3. Lavez les cellules fixes 2 x 2 min à l’aide d’un tampon d’incubation. Préparer le tampon d’incubation (20x) en dissolvant 0,1 g de saponine dans 5 mL de FBS et diluer à 1x en ajoutant 95 mL de 1x PBS.
4. Après fixation, ajouter le premier anticorps contre le phopho-PAK1 à une dilution de 1:250 dans le tampon d’incubation et incuber pendant une nuit à 4 °C dans une chambre humide et sombre.
5. Le lendemain, après 24 h d’incubation, laver les cellules 2 x 2 min avec le tampon d’incubation ; Ensuite, ajoutez l’anticorps secondaire conjugué à Alexa Fluor 488 (dilution 1:1 000) et Phalloïdine 555 (dilution 1:1 000). Incuber les cellules dans la chambre humide foncée pendant 1,5 h à température ambiante.
6. Après l’incubation, laver les cellules 2 x 2 min avec un tampon d’incubation.
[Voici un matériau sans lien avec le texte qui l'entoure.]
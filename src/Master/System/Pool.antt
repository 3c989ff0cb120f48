-- ===== src/Master/System/Pool.antt =====
-- The client pool of the dispatcher (clients and conns) in the states that the master reaches.
use dist_command_exec.Prelude.{
  ℕ, ◌≡◌, ◌∙◌, sym, refl, String, Bool, false, Option, none, some, List, [], ◌∷◌, arith, str_eq,
  eq_iff, if◌then◌else◌, Bool-cases, Option-cases, inl, inr,
}
use dist_command_exec.Prelude.Int.{ℤ}
use dist_command_exec.Prelude.Map
use dist_command_exec.Prelude.Map.{get-put, get-delete}
use dist_command_exec.Types.{Task, Time}
use dist_command_exec.Master.Registry.{NodeInfo, check_health, decrement_active_tasks}
use dist_command_exec.Master.Scaler.{Api}
use dist_command_exec.Master.Registry
use dist_command_exec.Master.State.{Master}
use dist_command_exec.Master.Dispatcher.{
  ExecuteRequest, ExecuteResponse, get_client, send, give_up, fail, complete, choose, remove_client,
}
use dist_command_exec.Master.Server.{
  SubmitRequest, RegisterRequest, MasterConfig, submit, accept, cancel_write, register, deregister,
  heartbeat, monitor, remove_clients, new_server,
}
use dist_command_exec.Master.System.{
  System, Pc, Reach, Step, here, later, after_send, submits, asks, cancels, registers, deregisters,
  beats, monitors, takes, selects, requeues, sends, replies,
}
use dist_command_exec.Master.System.Invariant.{initial}

abbrev pub IsPaired : Master → Type 0
IsPaired m = (id : String) → Map.get m.clients id ≡ Map.get m.conns id

-- The pool is left alone.
abbrev SamePool : Master → Master → Type 0
SamePool m m' = (m'.clients ≡ m.clients) × (m'.conns ≡ m.conns)

keep-IsPaired : (m m' : Master) → SamePool m m' → IsPaired m → IsPaired m'
keep-IsPaired m m' (a, b) v id = rw (a, b) (v id)

accept-SamePool :
    (m : Master) (req : SubmitRequest) (id : String) (p : ℕ) (now : Time)
    → SamePool m (accept m req id p now).0
unfolding accept
accept-SamePool m req id p now = ground arith

submit-SamePool :
    (m : Master) (req : SubmitRequest) (id : String) (p : ℕ) (now : Time)
    → SamePool m (submit m req id p now).0
unfolding submit
submit-SamePool m req id p now = ground (arith, accept-SamePool m req id p now)

cancel-SamePool : (m : Master) (id : String) → SamePool m (cancel_write m id)
cancel-SamePool m id = ground arith

register-SamePool :
    (m : Master) (req : RegisterRequest) (now : Time) → SamePool m (register m req now).0
unfolding register
register-SamePool m req now = ground arith

heartbeat-SamePool :
    (m : Master) (id : String) (active : ℤ) (now : Time) → SamePool m (heartbeat m id active now).0
unfolding heartbeat
heartbeat-SamePool m id active now = ground arith

give_up-SamePool : (m : Master) (p : ℕ) (now : Time) → SamePool m (give_up m p now)
unfolding give_up
give_up-SamePool m p now = ground arith

fail-SamePool : (m : Master) (p : ℕ) (node : NodeInfo) (now : Time) → SamePool m (fail m p node now)
unfolding fail
fail-SamePool m p node now =
    give_up-SamePool (record m { registry = decrement_active_tasks m.registry node.id }) p now

complete-SamePool :
    (m : Master) (p : ℕ) (node : NodeInfo) (resp : ExecuteResponse) (now : Time)
    → SamePool m (complete m p node resp now)
unfolding complete
complete-SamePool m p node resp now = (refl, refl)

choose-SamePool :
    (m : Master) (now : Time) (api : Api) (seen : List NodeInfo)
    (visited : List (String × NodeInfo))
    → SamePool m (choose m now api seen visited).0
unfolding choose
choose-SamePool m now api seen visited = (refl, refl)

-- Removal takes a client and its connection.
get-remove_client :
    (m : Master) (id j : String)
    → IsPaired m
    → (Map.get (remove_client m id).clients j ≡ (if str_eq id j then none else Map.get m.clients j))
      × (Map.get (remove_client m id).conns j ≡ (if str_eq id j then none else Map.get m.conns j))
unfolding remove_client
get-remove_client m id j v = elim (Option-cases (Map.get m.conns id)) [
  | inl absent ↦
      rw absent (ground (arith, absent, v id, eq_iff id j), ground (arith, absent, eq_iff id j))
  | inr (address, there) ↦ rw there (get-delete m.clients id j, get-delete m.conns id j)
]

remove_client-IsPaired : (m : Master) (id : String) → IsPaired m → IsPaired (remove_client m id)
remove_client-IsPaired m id v j = let (a, b) = get-remove_client m id j v in rw (a, b, v j) refl

remove_clients-IsPaired :
    (ids : List String) (m : Master) → IsPaired m → IsPaired (remove_clients ids m)
unfolding remove_clients
remove_clients-IsPaired [] m v = v
remove_clients-IsPaired (id ∷ ids) m v =
    remove_clients-IsPaired ids (remove_client m id) (remove_client-IsPaired m id v)

get_client-IsPaired :
    (m : Master) (node : NodeInfo) (dials : Bool)
    → IsPaired m
    → IsPaired (get_client m node dials).0
unfolding get_client
get_client-IsPaired m node dials v j = elim (Option-cases (Map.get m.clients node.id)) [
  | inr (address, pooled) ↦ rw pooled (v j)
  | inl unpooled ↦ elim (Bool-cases dials) [
    | inl up ↦
        rw (unpooled, up)
          (get-put m.clients node.id j node.address
            ∙ sym (rw (get-put m.conns node.id j node.address, ← v j) refl))
    | inr down ↦ rw (unpooled, down) (v j)
  ]
]

send-SamePool :
    (m : Master) (p : ℕ) (node : NodeInfo) (dials : Bool) (now : Time)
    → SamePool (get_client m node dials).0 (send m p node dials now).0
unfolding send
send-SamePool m p node dials now = ground arith

send-IsPaired :
    (m : Master) (p : ℕ) (node : NodeInfo) (dials : Bool) (now : Time)
    → IsPaired m
    → IsPaired (send m p node dials now).0
send-IsPaired m p node dials now v =
    keep-IsPaired (get_client m node dials).0 (send m p node dials now).0
      (send-SamePool m p node dials now) (get_client-IsPaired m node dials v)

after_send-IsPaired :
    (p : ℕ) (node : NodeInfo) (now : Time) (xs ys : List (ℕ × Pc)) (y : System)
    (sent : Option (String × ExecuteRequest))
    → IsPaired y.master
    → IsPaired (after_send p node now xs ys y sent).master
after_send-IsPaired p node now xs ys y none v =
    keep-IsPaired y.master (give_up y.master p now) (give_up-SamePool y.master p now) v
after_send-IsPaired p node now xs ys y (some _) v = v

deregister-IsPaired : (m : Master) (id : String) → IsPaired m → IsPaired (deregister m id).0
unfolding deregister
deregister-IsPaired m id v = elim (Bool-cases (str_eq id "")) [
  | inl blank ↦ rw blank v
  | inr given ↦
      rw given
        (remove_client-IsPaired (record m { registry = Registry.deregister m.registry id }) id v)
]

monitor-IsPaired :
    (m : Master) (now : Time) (visited : List (String × NodeInfo))
    → IsPaired m
    → IsPaired (monitor m now visited)
unfolding monitor
monitor-IsPaired m now visited v =
    remove_clients-IsPaired (check_health m.registry now visited).1
      (record m { registry = (check_health m.registry now visited).0 }) v

Step-IsPaired : {y z : System} → Step y z → IsPaired y.master → IsPaired z.master
Step-IsPaired {y} (submits req id now new) v =
    keep-IsPaired y.master (submit y.master req id y.fresh now).0
      (submit-SamePool y.master req id y.fresh now) v
Step-IsPaired {y} (asks id job named there can) v = v
Step-IsPaired {y} (cancels xs ys id e) v =
    keep-IsPaired y.master (cancel_write y.master id) (cancel-SamePool y.master id) v
Step-IsPaired {y} (registers req now) v =
    keep-IsPaired y.master (register y.master req now).0 (register-SamePool y.master req now) v
Step-IsPaired {y} (deregisters id) v = deregister-IsPaired y.master id v
Step-IsPaired {y} (beats id active now) v =
    keep-IsPaired y.master (heartbeat y.master id active now).0
      (heartbeat-SamePool y.master id active now) v
Step-IsPaired {y} (monitors now visited) v = monitor-IsPaired y.master now visited v
Step-IsPaired {y} (takes done choice p s e) v = v
Step-IsPaired {y} (selects xs ys p now api seen visited e) v =
    keep-IsPaired y.master (choose y.master now api seen visited).0
      (choose-SamePool y.master now api seen visited) v
Step-IsPaired {y} (requeues xs ys p e) v = v
Step-IsPaired {y} (sends xs ys p node dials now e) v =
    after_send-IsPaired p node now xs ys (record y { master = (send y.master p node dials now).0 })
      (send y.master p node dials now).1 (send-IsPaired y.master p node dials now v)
Step-IsPaired {y} (replies xs ys p node none now e) v =
    keep-IsPaired y.master (fail y.master p node now) (fail-SamePool y.master p node now) v
Step-IsPaired {y} (replies xs ys p node (some resp) now e) v =
    keep-IsPaired y.master (complete y.master p node resp now)
      (complete-SamePool y.master p node resp now) v

Reach-IsPaired : {y z : System} → Reach y z → IsPaired y.master → IsPaired z.master
Reach-IsPaired here v = v
Reach-IsPaired (later r s) v = Step-IsPaired s (Reach-IsPaired r v)

-- In every state that the master reaches from its start, after a Deregister of a node with an ID
-- that is not empty the dispatcher has neither client nor connection for it, every other node has
-- those that it had, and clients and connections stand under the same IDs.
pub deregister-pool :
    (heap : ℕ → Task) (cfg : MasterConfig) (has_k8s : Bool) (z : System) (id j : String)
    → Reach (initial heap cfg has_k8s) z
    → str_eq id "" ≡ false
    → let m' = (deregister z.master id).0 in
      (Map.get m'.clients j ≡ (if str_eq id j then none else Map.get z.master.clients j))
      × (Map.get m'.conns j ≡ Map.get m'.clients j)
unfolding deregister new_server
deregister-pool heap cfg has_k8s z id j r given =
    let v = Reach-IsPaired r (λ k. refl) in
    (
      rw given
          (get-remove_client
            (record z.master { registry = Registry.deregister z.master.registry id }) id j v).0,
      sym (deregister-IsPaired z.master id v j),
    )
Colorer le noyau en ajoutant du 4',6-diamidino-2-phénylindole (DAPI) dans une dilution 1:2 000 et incuber pendant 5 min à 10 min à température ambiante dans l’obscurité.
7. Préparer le support de montage DABCO en utilisant 25 mg de DABCO dans 90% de glycérol et 10% 1x PBS. Pour dissoudre correctement, ajuster le pH à 8,6 en utilisant le grade spectrophotométrique, diluer HCl (dilué 1:20 avec de l’eau) et conserver la solution sur une bascule pour le mélange.
8. En tant qu’agent antiblanchissant, ajoutez le support de montage DABCO directement sur l’antenne d’imagerie contenant la lamelle de couverture en bas. Attendez au moins 1-2 h et procédez directement à l’imagerie confocale.
   REMARQUE: Aucun adhésif n’est nécessaire pour fixer les lamelles de couverture.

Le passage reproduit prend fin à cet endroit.